START RECORDS PROVIDED

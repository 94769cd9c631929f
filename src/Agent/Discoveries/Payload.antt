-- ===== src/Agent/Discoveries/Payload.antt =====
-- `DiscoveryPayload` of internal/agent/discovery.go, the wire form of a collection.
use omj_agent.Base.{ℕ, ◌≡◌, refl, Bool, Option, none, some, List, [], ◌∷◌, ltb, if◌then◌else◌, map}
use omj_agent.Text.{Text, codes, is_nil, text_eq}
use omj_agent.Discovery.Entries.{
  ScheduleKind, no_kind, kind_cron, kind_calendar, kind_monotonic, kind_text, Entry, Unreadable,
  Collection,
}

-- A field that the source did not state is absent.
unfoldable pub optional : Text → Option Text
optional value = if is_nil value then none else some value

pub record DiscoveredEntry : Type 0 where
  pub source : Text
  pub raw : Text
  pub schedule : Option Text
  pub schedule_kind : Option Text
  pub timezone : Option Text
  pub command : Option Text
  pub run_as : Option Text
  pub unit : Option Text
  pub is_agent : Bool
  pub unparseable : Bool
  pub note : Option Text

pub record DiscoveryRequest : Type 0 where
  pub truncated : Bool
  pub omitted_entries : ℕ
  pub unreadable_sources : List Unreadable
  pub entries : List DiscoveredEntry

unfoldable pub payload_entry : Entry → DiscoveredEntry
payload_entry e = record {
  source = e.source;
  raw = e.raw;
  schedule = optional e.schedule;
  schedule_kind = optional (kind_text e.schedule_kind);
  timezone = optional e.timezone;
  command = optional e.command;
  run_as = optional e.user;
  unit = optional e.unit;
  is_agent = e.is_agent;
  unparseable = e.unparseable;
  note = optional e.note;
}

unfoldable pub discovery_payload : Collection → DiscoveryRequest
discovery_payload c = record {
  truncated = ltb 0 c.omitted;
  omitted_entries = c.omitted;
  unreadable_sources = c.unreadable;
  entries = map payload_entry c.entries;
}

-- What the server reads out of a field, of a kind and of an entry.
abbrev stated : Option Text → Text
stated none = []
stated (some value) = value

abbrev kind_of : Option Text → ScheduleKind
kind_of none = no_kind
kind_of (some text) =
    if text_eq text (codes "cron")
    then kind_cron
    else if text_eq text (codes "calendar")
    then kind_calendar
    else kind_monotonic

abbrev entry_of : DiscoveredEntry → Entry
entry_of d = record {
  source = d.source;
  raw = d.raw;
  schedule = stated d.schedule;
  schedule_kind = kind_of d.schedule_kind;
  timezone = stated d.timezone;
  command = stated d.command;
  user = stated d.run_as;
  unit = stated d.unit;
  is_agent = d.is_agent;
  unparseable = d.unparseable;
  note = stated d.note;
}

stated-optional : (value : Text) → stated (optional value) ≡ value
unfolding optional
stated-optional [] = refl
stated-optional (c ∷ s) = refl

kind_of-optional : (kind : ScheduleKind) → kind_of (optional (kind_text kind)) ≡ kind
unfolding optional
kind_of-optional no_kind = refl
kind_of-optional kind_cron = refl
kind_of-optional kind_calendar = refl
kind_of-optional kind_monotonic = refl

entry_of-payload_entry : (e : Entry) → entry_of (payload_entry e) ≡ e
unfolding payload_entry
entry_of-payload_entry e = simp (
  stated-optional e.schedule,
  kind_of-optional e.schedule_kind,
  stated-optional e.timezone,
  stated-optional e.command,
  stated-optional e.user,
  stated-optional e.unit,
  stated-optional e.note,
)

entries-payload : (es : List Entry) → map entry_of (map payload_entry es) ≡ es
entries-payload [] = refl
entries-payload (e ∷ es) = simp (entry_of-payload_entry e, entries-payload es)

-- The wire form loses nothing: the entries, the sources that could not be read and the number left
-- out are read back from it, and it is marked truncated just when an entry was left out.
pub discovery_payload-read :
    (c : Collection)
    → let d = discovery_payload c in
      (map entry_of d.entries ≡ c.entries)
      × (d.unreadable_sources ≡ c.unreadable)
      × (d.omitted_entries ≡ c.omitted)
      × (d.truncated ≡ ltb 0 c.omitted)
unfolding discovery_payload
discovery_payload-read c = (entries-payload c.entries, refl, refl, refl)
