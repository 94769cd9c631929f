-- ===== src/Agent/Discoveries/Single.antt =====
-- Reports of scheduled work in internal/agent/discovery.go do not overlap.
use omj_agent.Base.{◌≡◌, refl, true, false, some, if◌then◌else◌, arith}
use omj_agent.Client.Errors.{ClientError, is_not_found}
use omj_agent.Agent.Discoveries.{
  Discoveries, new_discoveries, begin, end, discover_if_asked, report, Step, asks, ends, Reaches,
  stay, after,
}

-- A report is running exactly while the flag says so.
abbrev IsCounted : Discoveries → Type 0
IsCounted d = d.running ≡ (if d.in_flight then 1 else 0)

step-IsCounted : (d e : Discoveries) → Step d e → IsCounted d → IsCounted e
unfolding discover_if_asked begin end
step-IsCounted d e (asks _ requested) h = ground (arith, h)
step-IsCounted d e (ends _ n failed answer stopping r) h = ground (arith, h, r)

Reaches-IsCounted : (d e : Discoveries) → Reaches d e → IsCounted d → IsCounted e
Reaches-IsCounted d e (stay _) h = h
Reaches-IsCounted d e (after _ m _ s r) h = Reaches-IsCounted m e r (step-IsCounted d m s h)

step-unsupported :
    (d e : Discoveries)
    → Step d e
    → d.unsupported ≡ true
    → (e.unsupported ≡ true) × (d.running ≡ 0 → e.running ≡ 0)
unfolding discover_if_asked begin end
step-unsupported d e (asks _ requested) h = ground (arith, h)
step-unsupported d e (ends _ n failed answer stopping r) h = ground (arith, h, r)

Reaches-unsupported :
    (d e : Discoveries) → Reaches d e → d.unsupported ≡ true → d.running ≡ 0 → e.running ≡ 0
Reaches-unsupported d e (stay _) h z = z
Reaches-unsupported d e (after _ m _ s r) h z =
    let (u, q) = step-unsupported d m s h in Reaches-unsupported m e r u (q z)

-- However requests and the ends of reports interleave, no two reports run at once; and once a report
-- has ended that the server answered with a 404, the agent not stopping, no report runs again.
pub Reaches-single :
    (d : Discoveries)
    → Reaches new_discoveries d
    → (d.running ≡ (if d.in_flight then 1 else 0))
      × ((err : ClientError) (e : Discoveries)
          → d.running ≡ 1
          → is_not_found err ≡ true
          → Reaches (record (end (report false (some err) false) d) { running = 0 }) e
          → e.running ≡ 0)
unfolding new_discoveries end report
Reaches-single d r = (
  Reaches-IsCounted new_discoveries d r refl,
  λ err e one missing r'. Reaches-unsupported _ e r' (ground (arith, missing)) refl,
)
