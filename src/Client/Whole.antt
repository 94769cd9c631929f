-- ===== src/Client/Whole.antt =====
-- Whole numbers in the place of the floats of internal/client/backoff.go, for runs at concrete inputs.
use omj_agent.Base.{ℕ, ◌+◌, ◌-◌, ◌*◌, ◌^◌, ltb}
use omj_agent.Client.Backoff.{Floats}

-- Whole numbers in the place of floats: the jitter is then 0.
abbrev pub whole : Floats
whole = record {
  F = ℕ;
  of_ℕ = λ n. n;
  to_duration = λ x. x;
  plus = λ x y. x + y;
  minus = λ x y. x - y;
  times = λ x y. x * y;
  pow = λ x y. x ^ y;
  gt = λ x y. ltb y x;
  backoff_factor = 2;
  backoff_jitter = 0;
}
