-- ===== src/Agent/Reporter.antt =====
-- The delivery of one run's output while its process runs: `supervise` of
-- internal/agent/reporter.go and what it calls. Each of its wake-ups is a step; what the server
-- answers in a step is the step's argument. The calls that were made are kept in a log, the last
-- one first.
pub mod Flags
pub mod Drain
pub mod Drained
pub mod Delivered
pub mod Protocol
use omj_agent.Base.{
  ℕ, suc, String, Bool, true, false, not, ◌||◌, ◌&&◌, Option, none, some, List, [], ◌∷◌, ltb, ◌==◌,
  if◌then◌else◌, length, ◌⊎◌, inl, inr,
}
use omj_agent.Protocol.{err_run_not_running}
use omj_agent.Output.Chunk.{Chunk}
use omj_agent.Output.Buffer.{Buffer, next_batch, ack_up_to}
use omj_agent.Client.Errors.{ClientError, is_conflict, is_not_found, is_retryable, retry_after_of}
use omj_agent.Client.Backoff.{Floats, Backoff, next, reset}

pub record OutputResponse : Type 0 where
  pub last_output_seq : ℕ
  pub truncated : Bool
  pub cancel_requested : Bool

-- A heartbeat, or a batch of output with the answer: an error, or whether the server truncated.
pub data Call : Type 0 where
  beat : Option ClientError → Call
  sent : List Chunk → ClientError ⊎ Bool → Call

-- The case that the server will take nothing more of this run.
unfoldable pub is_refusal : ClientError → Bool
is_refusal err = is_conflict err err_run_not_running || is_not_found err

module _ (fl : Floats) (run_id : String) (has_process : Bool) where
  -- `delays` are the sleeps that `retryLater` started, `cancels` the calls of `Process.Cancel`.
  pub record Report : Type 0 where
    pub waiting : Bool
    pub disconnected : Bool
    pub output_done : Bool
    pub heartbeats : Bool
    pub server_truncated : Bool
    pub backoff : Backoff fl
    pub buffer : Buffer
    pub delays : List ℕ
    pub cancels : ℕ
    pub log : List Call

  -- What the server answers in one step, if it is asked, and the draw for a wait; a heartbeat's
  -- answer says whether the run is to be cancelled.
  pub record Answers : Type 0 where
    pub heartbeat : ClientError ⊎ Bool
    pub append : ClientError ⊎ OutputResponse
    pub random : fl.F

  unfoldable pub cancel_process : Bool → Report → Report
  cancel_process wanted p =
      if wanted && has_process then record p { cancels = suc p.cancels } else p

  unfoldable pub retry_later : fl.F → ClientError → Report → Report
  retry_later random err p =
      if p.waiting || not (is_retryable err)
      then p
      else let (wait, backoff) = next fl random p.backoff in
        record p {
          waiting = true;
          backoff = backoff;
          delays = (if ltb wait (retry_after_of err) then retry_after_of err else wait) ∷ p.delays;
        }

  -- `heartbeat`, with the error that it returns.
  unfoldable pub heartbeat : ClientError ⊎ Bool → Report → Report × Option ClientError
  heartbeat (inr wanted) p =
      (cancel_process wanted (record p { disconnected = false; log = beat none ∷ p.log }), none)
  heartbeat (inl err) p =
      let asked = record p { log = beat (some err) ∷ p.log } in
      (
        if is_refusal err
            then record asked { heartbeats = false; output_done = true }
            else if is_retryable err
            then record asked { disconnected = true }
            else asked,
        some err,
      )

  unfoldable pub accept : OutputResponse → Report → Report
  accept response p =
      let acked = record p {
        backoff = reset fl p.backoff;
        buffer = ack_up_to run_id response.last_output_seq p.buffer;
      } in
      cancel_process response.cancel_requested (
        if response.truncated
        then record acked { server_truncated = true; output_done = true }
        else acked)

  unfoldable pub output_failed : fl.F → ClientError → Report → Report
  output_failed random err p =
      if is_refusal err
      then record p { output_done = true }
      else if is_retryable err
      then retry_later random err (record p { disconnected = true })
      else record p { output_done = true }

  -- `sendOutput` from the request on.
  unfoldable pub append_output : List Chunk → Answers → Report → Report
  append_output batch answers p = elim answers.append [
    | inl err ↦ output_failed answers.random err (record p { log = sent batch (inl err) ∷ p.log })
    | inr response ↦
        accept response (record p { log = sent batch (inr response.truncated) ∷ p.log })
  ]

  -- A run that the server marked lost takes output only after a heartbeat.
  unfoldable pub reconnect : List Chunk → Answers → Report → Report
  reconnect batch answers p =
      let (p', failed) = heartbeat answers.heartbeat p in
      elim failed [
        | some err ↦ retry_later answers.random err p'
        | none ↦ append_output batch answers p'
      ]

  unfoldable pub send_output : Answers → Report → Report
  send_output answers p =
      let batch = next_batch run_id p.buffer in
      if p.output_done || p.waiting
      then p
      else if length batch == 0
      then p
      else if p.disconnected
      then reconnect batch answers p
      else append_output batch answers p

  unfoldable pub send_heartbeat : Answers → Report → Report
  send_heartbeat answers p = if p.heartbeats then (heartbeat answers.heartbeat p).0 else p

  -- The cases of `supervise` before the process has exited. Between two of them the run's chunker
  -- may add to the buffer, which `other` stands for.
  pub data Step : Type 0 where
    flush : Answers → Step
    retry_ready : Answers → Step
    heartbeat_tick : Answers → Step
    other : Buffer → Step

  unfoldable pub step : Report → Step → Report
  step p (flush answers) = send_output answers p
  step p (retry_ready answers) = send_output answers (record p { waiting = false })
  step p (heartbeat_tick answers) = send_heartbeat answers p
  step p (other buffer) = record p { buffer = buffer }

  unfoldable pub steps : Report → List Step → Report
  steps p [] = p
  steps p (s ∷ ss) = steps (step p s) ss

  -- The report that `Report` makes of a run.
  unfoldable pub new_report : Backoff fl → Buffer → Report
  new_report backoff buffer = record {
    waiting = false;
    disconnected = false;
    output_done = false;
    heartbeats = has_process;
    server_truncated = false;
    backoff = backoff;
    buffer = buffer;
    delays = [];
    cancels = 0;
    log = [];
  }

END RECORDS PROVIDED

TASK ITEM >> Copy every line of the data that holds the string "value".

RESPONSE TO THIS TASK >>
optional value = if is_nil value then none else some value
stated (some value) = value
stated-optional : (value : Text) → stated (optional value) ≡ value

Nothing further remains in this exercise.